Studies on Synthesis of Symmetrical Coupler Curves Having Ball’s Points

Abstract

This paper deals with the synthesis of four-bar linkage symmetrical coupler curves having Ball’s point on each flank. These are synthesized for driving a jerk free internal Geneva mechanism for a given locking to moving period ratio. The synthesis procedure uses the analytical trigonometric equations based on the properties of triangles unlike the approach documented in literature. These set of trigonometric equations have been solved numerically. Advantage of this method of synthesis is that the mechanism can be easily synthesized for a given locking to moving period ratio which is important while replacing a traditional internal Geneva with a four-bar driven Geneva mechanism, for maintaining the overall manufacturing and assembly process times.
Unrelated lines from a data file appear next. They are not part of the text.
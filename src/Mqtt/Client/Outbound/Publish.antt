-- ===== src/Mqtt/Client/Outbound/Publish.antt =====
-- core/aiot_mqtt_api.c: a message of QoS 1 waits for its acknowledgement.
use aliyun_iot_arm.Prelude.{
  ℕ, ◌+◌, ◌-◌, ◌%◌, ◌^◌, ◌<◌, ◌≡◌, refl, sym, ap, ◌∙◌, ◌⊎◌, inl, inr, true, false, not, ◌&&◌, List,
  [], ◌∷◌, ◌++◌, arith, ◌==◌, ==_iff, Bool-cases, ℤ, pos, is_neg, eq_ℤ, Bytes,
}
use aliyun_iot_arm.Mqtt.Codes.{
  state_success, state_sys_depend_nwk_write_lessdata, state_sys_depend_malloc_failed,
}
use aliyun_iot_arm.Mqtt.Wire.{pub_pkt, high_byte, low_byte}
use aliyun_iot_arm.Mqtt.PubList.{PubNode, publist_remove, next_packet_id}
use aliyun_iot_arm.Mqtt.PubList.Laws.{IsFree, publist_insert_cases, new_node, next_packet_id_range}
use aliyun_iot_arm.Mqtt.SubList.{Memory}
use aliyun_iot_arm.Mqtt.Client.State.{Port, Handle, Out}
use aliyun_iot_arm.Mqtt.Client.Net.{write, close_handle, send_packet}
use aliyun_iot_arm.Mqtt.Client.Inbound.{puback_handler}
use aliyun_iot_arm.Mqtt.Client.Inbound.Parse.{two_bytes_back}
use aliyun_iot_arm.Mqtt.Client.Outbound.{exec_inc, out_dec, refused, remember, send_kept, core_pub}

publist_remove-snoc :
    (nodes : List PubNode) (node : PubNode)
    → IsFree node.packet_id nodes
    → publist_remove node.packet_id (nodes ++ (node ∷ [])) ≡ nodes
unfolding publist_remove
publist_remove-snoc [] node free = ground arith
publist_remove-snoc (n ∷ nodes) node (other, free) =
    ground (arith, publist_remove-snoc nodes node free)

-- Sending changes neither the list nor the count of calls.
pub send_packet-keeps :
    {W : Type 0} (p : Port W) (h : Handle) (packet : Bytes) (w : W)
    → ((send_packet p h packet w).handle.pub_list ≡ h.pub_list)
      × ((send_packet p h packet w).handle.exec_count ≡ h.exec_count)
      × ((send_packet p h packet w).handle.sub_list ≡ h.sub_list)
unfolding send_packet close_handle
send_packet-keeps p h packet w =
    let (res, w') = write p h packet w in
    let closes = is_neg res && not (eq_ℤ res state_sys_depend_nwk_write_lessdata) in
    elim (Bool-cases closes) [ inl e ↦ ground arith | inr e ↦ ground arith ]

send_kept-keeps :
    {W : Type 0} (p : Port W) (kept : Out W) (packet : Bytes) (done : ℤ)
    → ((send_kept p kept packet done).handle.pub_list ≡ kept.handle.pub_list)
      × ((send_kept p kept packet done).handle.exec_count ≡ kept.handle.exec_count)
unfolding send_kept
send_kept-keeps p kept packet done =
    let (list, count, subs) = send_packet-keeps p kept.handle packet kept.world in
    elim (Bool-cases (is_neg kept.res)) [ inl e ↦ rw e (refl, refl) | inr e ↦ rw e (list, count) ]

send_kept-sent :
    {W : Type 0} (p : Port W) (kept : Out W) (packet : Bytes) (done : ℤ)
    → is_neg (send_kept p kept packet done).res ≡ false
    → (is_neg kept.res ≡ false) × ((send_kept p kept packet done).res ≡ done)
unfolding send_kept
send_kept-sent p kept packet done sent =
    let out = send_packet p kept.handle packet kept.world in
    elim (Bool-cases (is_neg kept.res)) [
      | inl e ↦ ground arith
      | inr e ↦ elim (Bool-cases (is_neg out.res)) [
        | inl f ↦ ground arith
        | inr f ↦ rw (e, f) (refl, refl)
      ]
    ]

exec_back : (n : ℕ) → n < 2 ^ 32 → ((n + 1) % 2 ^ 32 + (2 ^ 32 - 1)) % 2 ^ 32 ≡ n
exec_back n small = omega arith

remember_cases :
    {W : Type 0} (p : Port W) (memory : Memory) (h : Handle) (packet_id : ℕ) (packet : Bytes)
    (w : W)
    → ((is_neg (remember p memory h packet_id packet w).res ≡ true)
        × ((remember p memory h packet_id packet w).handle.pub_list ≡ h.pub_list))
      ⊎ ((is_neg (remember p memory h packet_id packet w).res ≡ false)
          × IsFree packet_id h.pub_list
          × ((remember p memory h packet_id packet w).handle.pub_list
              ≡ h.pub_list ++ (new_node (p.time w).0 packet_id packet ∷ [])))
unfolding remember
remember_cases p memory h packet_id packet w =
    elim (publist_insert_cases h.repub_list_limit memory.node_ok memory.topic_ok (p.time w).0
      packet_id packet h.pub_list) [
        | inl (refused, same) ↦ inl (refused, same)
        | inr (done, free, room, grown) ↦ inr (ap is_neg done, free, grown)
      ]

remember-removed :
    {W : Type 0} (p : Port W) (memory : Memory) (h : Handle) (packet_id : ℕ) (packet : Bytes)
    (w : W)
    → is_neg (remember p memory h packet_id packet w).res ≡ false
    → publist_remove packet_id (remember p memory h packet_id packet w).handle.pub_list ≡ h.pub_list
remember-removed p memory h packet_id packet w accepted =
    elim (remember_cases p memory h packet_id packet w) [
      | inl (refused', same) ↦ absurd (ground arith)
      | inr (done, free, grown) ↦
          ap (publist_remove packet_id) grown
          ∙ publist_remove-snoc h.pub_list (new_node (p.time w).0 packet_id packet) free
    ]

remember-exec_count :
    {W : Type 0} (p : Port W) (memory : Memory) (h : Handle) (packet_id : ℕ) (packet : Bytes)
    (w : W)
    → (remember p memory h packet_id packet w).handle.exec_count ≡ h.exec_count
unfolding remember
remember-exec_count p memory h packet_id packet w = refl

abbrev id_taken : Handle → Handle
id_taken h = record (exec_inc h) { packet_id = next_packet_id h.packet_id }

-- The three ways through `_core_mqtt_pub`.
core_pub_lacks :
    {W : Type 0} (p : Port W) (memory : Memory) (h : Handle) (topic payload : Bytes) (qos : ℕ)
    (w : W)
    → (p.malloc w).0 ≡ false
    → core_pub p memory h topic payload qos w
      ≡ out_dec (refused state_sys_depend_malloc_failed (exec_inc h) (p.malloc w).1)
unfolding core_pub
core_pub_lacks p memory h topic payload qos w lacks = ground arith

core_pub_with_id :
    {W : Type 0} (p : Port W) (memory : Memory) (h : Handle) (topic payload : Bytes) (w : W)
    → (p.malloc w).0 ≡ true
    → core_pub p memory h topic payload 1 w
      ≡ out_dec (
          send_kept p
            (remember p memory
              (id_taken h)
              (next_packet_id h.packet_id)
              (pub_pkt 1 (next_packet_id h.packet_id) topic payload)
              (p.malloc w).1)
            (pub_pkt 1 (next_packet_id h.packet_id) topic payload)
            (pos (next_packet_id h.packet_id)))
unfolding core_pub
core_pub_with_id p memory h topic payload w has = ground arith

core_pub_no_id :
    {W : Type 0} (p : Port W) (memory : Memory) (h : Handle) (topic payload : Bytes) (qos : ℕ)
    (w : W)
    → (p.malloc w).0 ≡ true
    → (qos == 1) ≡ false
    → core_pub p memory h topic payload qos w
      ≡ out_dec (
          send_kept p
            (refused state_success (exec_inc h) (p.malloc w).1)
            (pub_pkt qos (next_packet_id h.packet_id) topic payload)
            state_success)
unfolding core_pub
core_pub_no_id p memory h topic payload qos w has no_id = ground arith

abbrev count_of : {W : Type 0} → Out W → ℕ
count_of out = out.handle.exec_count

refused_neg :
    {W : Type 0} (out : Out W)
    → out.res ≡ state_sys_depend_malloc_failed
    → is_neg out.res ≡ false
    → ⊥
refused_neg out e f = ground arith

-- A call that counted itself in counts itself out at its end.
pub count_back :
    (n count : ℕ) → count < 2 ^ 32 → n ≡ (count + 1) % 2 ^ 32 → (n + (2 ^ 32 - 1)) % 2 ^ 32 ≡ count
count_back n count small e = omega arith

-- Every way through `_core_mqtt_pub` gives back the count of running calls that it took; the count
-- is of 32 bits.
pub core_pub-exec_count :
    {W : Type 0} (p : Port W) (memory : Memory) (h : Handle) (topic payload : Bytes) (qos : ℕ)
    (w : W)
    → h.exec_count < 2 ^ 32
    → (core_pub p memory h topic payload qos w).handle.exec_count ≡ h.exec_count
core_pub-exec_count p memory h topic payload qos w small =
    let w1 = (p.malloc w).1 in
    let id = next_packet_id h.packet_id in
    let kept = remember p memory (id_taken h) id (pub_pkt 1 id topic payload) w1 in
    let unkept = refused state_success (exec_inc h) w1 in
    elim (Bool-cases (p.malloc w).0) [
      | inr lacks ↦
          ap count_of (core_pub_lacks p memory h topic payload qos w lacks)
          ∙ exec_back h.exec_count small
      | inl has ↦ elim (Bool-cases (qos == 1)) [
        | inl with_id ↦
            ap (λ q. count_of (core_pub p memory h topic payload q w)) ((==_iff qos 1).0 with_id)
            ∙ (ap count_of (core_pub_with_id p memory h topic payload w has)
                ∙ count_back _ h.exec_count small (
                    (send_kept-keeps p kept (pub_pkt 1 id topic payload) (pos id)).1
                    ∙ remember-exec_count p memory (id_taken h) id (pub_pkt 1 id topic payload) w1))
        | inr no_id ↦
            ap count_of (core_pub_no_id p memory h topic payload qos w has no_id)
            ∙ count_back _ h.exec_count small
                (send_kept-keeps p unkept (pub_pkt qos id topic payload) state_success).1
      ]
    ]

remember-waits :
    {W : Type 0} (p : Port W) (memory : Memory) (h : Handle) (packet_id : ℕ) (packet : Bytes)
    (w : W)
    → is_neg (remember p memory h packet_id packet w).res ≡ false
    → (remember p memory h packet_id packet w).handle.pub_list
      ≡ h.pub_list ++ (new_node (p.time w).0 packet_id packet ∷ [])
remember-waits p memory h packet_id packet w accepted =
    elim (remember_cases p memory h packet_id packet w) [
      | inl (refused', same) ↦ absurd (ground arith)
      | inr (done, free, grown) ↦ grown
    ]

-- A message of QoS 1 that `_core_mqtt_pub` accepts is answered with its identifier, and waits as the last of
-- the list of those to send again, under this identifier, with the whole PUBLISH packet and the time. The
-- PUBACK of the identifier takes it, and nothing else, out of the list. The counter of identifiers is of
-- 16 bits.
pub core_pub-puback :
    {W : Type 0} (p : Port W) (memory : Memory) (h : Handle) (topic payload : Bytes) (w w' : W)
    → h.packet_id < 2 ^ 16
    → is_neg (core_pub p memory h topic payload 1 w).res ≡ false
    → let id = next_packet_id h.packet_id in
      ((core_pub p memory h topic payload 1 w).res ≡ pos id)
      × ((core_pub p memory h topic payload 1 w).handle.pub_list
          ≡ h.pub_list
            ++ (record {
              packet_id = id;
              packet = pub_pkt 1 id topic payload;
              last_send_time = (p.time (p.malloc w).1).0;
            }
                ∷ []))
      × ((puback_handler p
            (core_pub p memory h topic payload 1 w).handle
            (high_byte id ∷ low_byte id ∷ [])
            w').handle.pub_list
          ≡ h.pub_list)
unfolding puback_handler
core_pub-puback p memory h topic payload w w' small sent =
    let packet_id = next_packet_id h.packet_id in
    let packet = pub_pkt 1 packet_id topic payload in
    let w1 = (p.malloc w).1 in
    let (above, below, other) = next_packet_id_range h.packet_id small in
    elim (Bool-cases (p.malloc w).0) [
      | inr lacks ↦ absurd (
          refused_neg (core_pub p memory h topic payload 1 w)
            (ap (λ out. out.res) (core_pub_lacks p memory h topic payload 1 w lacks)) sent)
      | inl has ↦
          let run = core_pub_with_id p memory h topic payload w has in
          let (accepted, done) =
            send_kept-sent p _ packet (pos packet_id)
              (sym (ap (λ out. is_neg out.res) run) ∙ sent) in
          (
            ap (λ out. out.res) run ∙ done,
            ap (λ out. out.handle.pub_list) run
                ∙ (send_kept-keeps p _ packet (pos packet_id)).0
                ∙ remember-waits p memory (id_taken h) packet_id packet w1 accepted,
            ap (λ id. publist_remove id (core_pub p memory h topic payload 1 w).handle.pub_list)
                  (two_bytes_back packet_id below)
                ∙ ap (λ out. publist_remove packet_id out.handle.pub_list) run
                ∙ ap (publist_remove packet_id) (send_kept-keeps p _ packet (pos packet_id)).0
                ∙ remember-removed p memory (id_taken h) packet_id packet w1 accepted,
          )
    ]
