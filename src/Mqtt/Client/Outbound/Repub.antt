-- ===== src/Mqtt/Client/Outbound/Repub.antt =====
-- core/aiot_mqtt_api.c: sending again keeps what is not acknowledged.
use aliyun_iot_arm.Prelude.{
  ℕ, ◌-◌, ◌≡◌, refl, List, [], ◌∷◌, map, arith, ltb, leb, if◌then◌else◌, Bytes,
}
use aliyun_iot_arm.Mqtt.PubList.{PubNode}
use aliyun_iot_arm.Mqtt.Client.State.{Port, Handle}
use aliyun_iot_arm.Mqtt.Client.Net.{write, close_handle}
use aliyun_iot_arm.Mqtt.Client.Outbound.{repub_loop, repub}

-- A message without the time of its last sending.
abbrev pub content : PubNode → ℕ × Bytes
content node = (node.packet_id, node.packet)

repub_loop-content :
    {W : Type 0} (p : Port W) (h : Handle) (nodes : List PubNode) (w : W)
    → map content (repub_loop p h nodes w).1 ≡ map content nodes
unfolding repub_loop
repub_loop-content p h [] w = refl
repub_loop-content p h (node ∷ nodes) w =
    let (now, w1) = p.time w in
    let last = if ltb now node.last_send_time then now else node.last_send_time in
    let due = leb h.repub_timeout_ms (now - last) in
    let (res, w2) = write p h node.packet w1 in
    ground (arith, repub_loop-content p h nodes (if due then w2 else w1))

-- Whatever the network does, `_core_mqtt_repub` neither drops nor adds nor alters a message that is
-- not acknowledged: the list has the same identifiers and packets in the same order.
pub repub-content :
    {W : Type 0} (p : Port W) (h : Handle) (w : W)
    → map content (repub p h w).handle.pub_list ≡ map content h.pub_list
unfolding repub close_handle
repub-content p h w =
    let (res, nodes, w') = repub_loop p h h.pub_list w in
    let kept = repub_loop-content p h h.pub_list w in ground arith
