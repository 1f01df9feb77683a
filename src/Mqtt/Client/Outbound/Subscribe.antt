-- ===== src/Mqtt/Client/Outbound/Subscribe.antt =====
-- core/aiot_mqtt_api.c: what a subscription and its end change in the client.
use aliyun_iot_arm.Prelude.{
  ℕ, ◌+◌, ◌%◌, ◌^◌, ◌<◌, ◌≡◌, refl, ap, ◌∙◌, ◌⊎◌, inl, inr, true, false, ◌&&◌, ◌||◌, none, some,
  List, [], ◌∷◌, arith, ltb, ◌==◌, if◌then◌else◌, Bool-cases, length, is_neg, Bytes, str_eq,
}
use aliyun_iot_arm.Mqtt.Codes.{state_success}
use aliyun_iot_arm.Mqtt.Wire.{sub_pkt_type, unsub_pkt_type, subunsub_pkt}
use aliyun_iot_arm.Mqtt.Topic.{topic_is_valid}
use aliyun_iot_arm.Mqtt.PubList.{next_packet_id}
use aliyun_iot_arm.Mqtt.SubList.{Memory, SubNode, sublist_insert, sublist_remove}
use aliyun_iot_arm.Mqtt.SubList
use aliyun_iot_arm.Mqtt.SubList.Laws.{
  userdata_of, userdata_of-sublist_insert, userdata_of-sublist_remove,
}
use aliyun_iot_arm.Mqtt.Client.State.{Port, Handle}
use aliyun_iot_arm.Mqtt.Client.Outbound.{exec_inc, out_dec, refused, subunsub, core_sub, core_unsub}
use aliyun_iot_arm.Mqtt.Client.Outbound.Publish.{send_packet-keeps, count_back}

subunsub-keeps :
    {W : Type 0} (p : Port W) (h : Handle) (topic : Bytes) (qos pkt_type : ℕ) (w : W)
    → ((subunsub p h topic qos pkt_type w).handle.sub_list ≡ h.sub_list)
      × ((subunsub p h topic qos pkt_type w).handle.exec_count ≡ h.exec_count)
unfolding subunsub
subunsub-keeps p h topic qos pkt_type w =
    let id = next_packet_id h.packet_id in
    let (list, count, subs) =
      send_packet-keeps p (record h { packet_id = id }) (subunsub_pkt pkt_type id qos topic)
        (p.malloc w).1 in
    elim (Bool-cases (p.malloc w).0) [
      | inl has ↦ rw has (subs, count)
      | inr lacks ↦ rw lacks (refl, refl)
    ]

-- Every way through `_core_mqtt_sub`: a check refuses and nothing changes; the list refuses, and the
-- call stays counted; or a packet is tried, with the new list.
core_sub_cases :
    {W : Type 0} (p : Port W) (memory : Memory) (h : Handle) (topic : Bytes)
    (handler qos userdata : ℕ) (w : W)
    → ((is_neg (core_sub p memory h topic handler qos userdata w).res ≡ true)
        × ((core_sub p memory h topic handler qos userdata w).handle ≡ h))
      ⊎ (((is_neg (sublist_insert memory topic handler userdata h.sub_list).0 ≡ true)
            × (core_sub p memory h topic handler qos userdata w
                ≡ refused
                    (sublist_insert memory topic handler userdata h.sub_list).0
                    (record (exec_inc h) {
                      sub_list = (sublist_insert memory topic handler userdata h.sub_list).1;
                    })
                    w))
          ⊎ ((is_neg (sublist_insert memory topic handler userdata h.sub_list).0 ≡ false)
              × (core_sub p memory h topic handler qos userdata w
                  ≡ out_dec (
                      subunsub p
                        (record (exec_inc h) {
                          sub_list = (sublist_insert memory topic handler userdata h.sub_list).1;
                        })
                        topic
                        qos
                        sub_pkt_type
                        w))))
unfolding core_sub
core_sub_cases p memory h topic handler qos userdata w =
    elim (Bool-cases (length topic == 0 || ltb 1 qos)) [
      | inl range ↦ inl (ground arith, ground arith)
      | inr in_range ↦ elim (Bool-cases (is_neg (topic_is_valid h.topic_header_check topic))) [
        | inl invalid ↦ inl (ground arith, ground arith)
        | inr valid ↦ elim (Bool-cases h.exec_enabled) [
          | inr off ↦ inl (ground arith, ground arith)
          | inl on ↦
              elim (Bool-cases
                (is_neg (sublist_insert memory topic handler userdata h.sub_list).0)) [
                  | inl full ↦ inr (inl (full, ground arith))
                  | inr fine ↦ inr (inr (fine, ground arith))
                ]
        ]
      ]
    ]

-- `_core_mqtt_sub` gives back the count of running calls that it took, or the list of subscriptions
-- refused the topic: then the call stays counted. The count is of 32 bits.
pub core_sub-exec_count :
    {W : Type 0} (p : Port W) (memory : Memory) (h : Handle) (topic : Bytes)
    (handler qos userdata : ℕ) (w : W)
    → h.exec_count < 2 ^ 32
    → ((core_sub p memory h topic handler qos userdata w).handle.exec_count ≡ h.exec_count)
      ⊎ ((is_neg (sublist_insert memory topic handler userdata h.sub_list).0 ≡ true)
          × ((core_sub p memory h topic handler qos userdata w).handle.exec_count
              ≡ (h.exec_count + 1) % 2 ^ 32))
core_sub-exec_count p memory h topic handler qos userdata w small =
    elim (core_sub_cases p memory h topic handler qos userdata w) [
      | inl (failed, same) ↦ inl (ap (λ g. g.exec_count) same)
      | inr (inl (full, run)) ↦ inr (full, ap (λ out. out.handle.exec_count) run)
      | inr (inr (fine, run)) ↦ inl (
          ap (λ out. out.handle.exec_count) run
          ∙ count_back _ h.exec_count small
              (subunsub-keeps p
                (record (exec_inc h) {
                  sub_list = (sublist_insert memory topic handler userdata h.sub_list).1;
                })
                topic qos sub_pkt_type w).1)
    ]

sublist_insert_code :
    (memory : Memory) (topic : Bytes) (handler userdata : ℕ) (nodes : List SubNode)
    → is_neg (sublist_insert memory topic handler userdata nodes).0 ≡ false
    → (sublist_insert memory topic handler userdata nodes).0 ≡ state_success
unfolding sublist_insert SubList.new_sub_node SubList.handlers_with SubList.handlerlist_insert
sublist_insert_code memory topic handler userdata [] fine = ground arith
sublist_insert_code memory topic handler userdata (node ∷ nodes) fine =
    ground (arith, sublist_insert_code memory topic handler userdata nodes)

-- When `_core_mqtt_sub` succeeds, its handler stands under its filter with its user data, and every
-- other pair of a filter and a handler is as before.
pub core_sub-userdata_of :
    {W : Type 0} (p : Port W) (memory : Memory) (h : Handle) (topic t : Bytes)
    (handler qos userdata k : ℕ) (w : W)
    → 0 < handler
    → is_neg (core_sub p memory h topic handler qos userdata w).res ≡ false
    → userdata_of t k (core_sub p memory h topic handler qos userdata w).handle.sub_list
      ≡ (if str_eq topic t && handler == k then some userdata else userdata_of t k h.sub_list)
core_sub-userdata_of p memory h topic t handler qos userdata k w some_handler done =
    elim (core_sub_cases p memory h topic handler qos userdata w) [
      | inl (failed, same) ↦ absurd (ground arith)
      | inr (inl (full, run)) ↦ absurd (ground (arith, ap (λ out. is_neg out.res) run))
      | inr (inr (fine, run)) ↦
          ap (λ out. userdata_of t k out.handle.sub_list) run
          ∙ ap (userdata_of t k)
              (subunsub-keeps p
                (record (exec_inc h) {
                  sub_list = (sublist_insert memory topic handler userdata h.sub_list).1;
                })
                topic qos sub_pkt_type w).0
          ∙ userdata_of-sublist_insert memory topic t handler userdata k h.sub_list some_handler
              (sublist_insert_code memory topic handler userdata h.sub_list fine)
    ]

-- Every way through `_core_mqtt_unsub` that does not fail: the checks pass and a packet is sent, with the
-- new list.
core_unsub_cases :
    {W : Type 0} (p : Port W) (h : Handle) (topic : Bytes) (w : W)
    → (is_neg (core_unsub p h topic w).res ≡ true)
      ⊎ (core_unsub p h topic w
          ≡ out_dec (
              subunsub p
                (record (exec_inc h) { sub_list = sublist_remove topic h.sub_list })
                topic
                0
                unsub_pkt_type
                w))
unfolding core_unsub
core_unsub_cases p h topic w = elim (Bool-cases (length topic == 0)) [
  | inl range ↦ inl (ground arith)
  | inr in_range ↦ elim (Bool-cases (is_neg (topic_is_valid h.topic_header_check topic))) [
    | inl invalid ↦ inl (ground arith)
    | inr valid ↦ elim (Bool-cases h.exec_enabled) [
      | inr off ↦ inl (ground arith)
      | inl on ↦ inr (ground arith)
    ]
  ]
]

-- When `_core_mqtt_unsub` succeeds, no handler stands under its filter any more, and the handlers under
-- every other filter are as before.
pub core_unsub-userdata_of :
    {W : Type 0} (p : Port W) (h : Handle) (topic t : Bytes) (k : ℕ) (w : W)
    → is_neg (core_unsub p h topic w).res ≡ false
    → userdata_of t k (core_unsub p h topic w).handle.sub_list
      ≡ (if str_eq topic t then none else userdata_of t k h.sub_list)
core_unsub-userdata_of p h topic t k w done = elim (core_unsub_cases p h topic w) [
  | inl failed ↦ absurd (cc)
  | inr run ↦
      ap (λ out. userdata_of t k out.handle.sub_list) run
      ∙ ap (userdata_of t k)
          (subunsub-keeps p (record (exec_inc h) { sub_list = sublist_remove topic h.sub_list })
            topic 0 unsub_pkt_type w).0
      ∙ userdata_of-sublist_remove topic t k h.sub_list
]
Also, the mechanisms are synthesized for equal critical transmission angles, yielding the same results as reported previously, thus validating the current approach. The evolutes of the synthesized coupler curves are plotted and the characteristics are studied to indicate the Ball’s point. A new method of synthesizing Ball’s point is presented. The synthesis procedure is also applied to synthesize a coupler curve for driving a coupler point in a V-channel to be used for developing a scrappping machine. The present problem could be of much interest to the computational kinematics researchers working with polynomial elimination methods for testing their efficacy. © 2024, The Author(s), under exclusive license to Springer Nature Switzerland AG.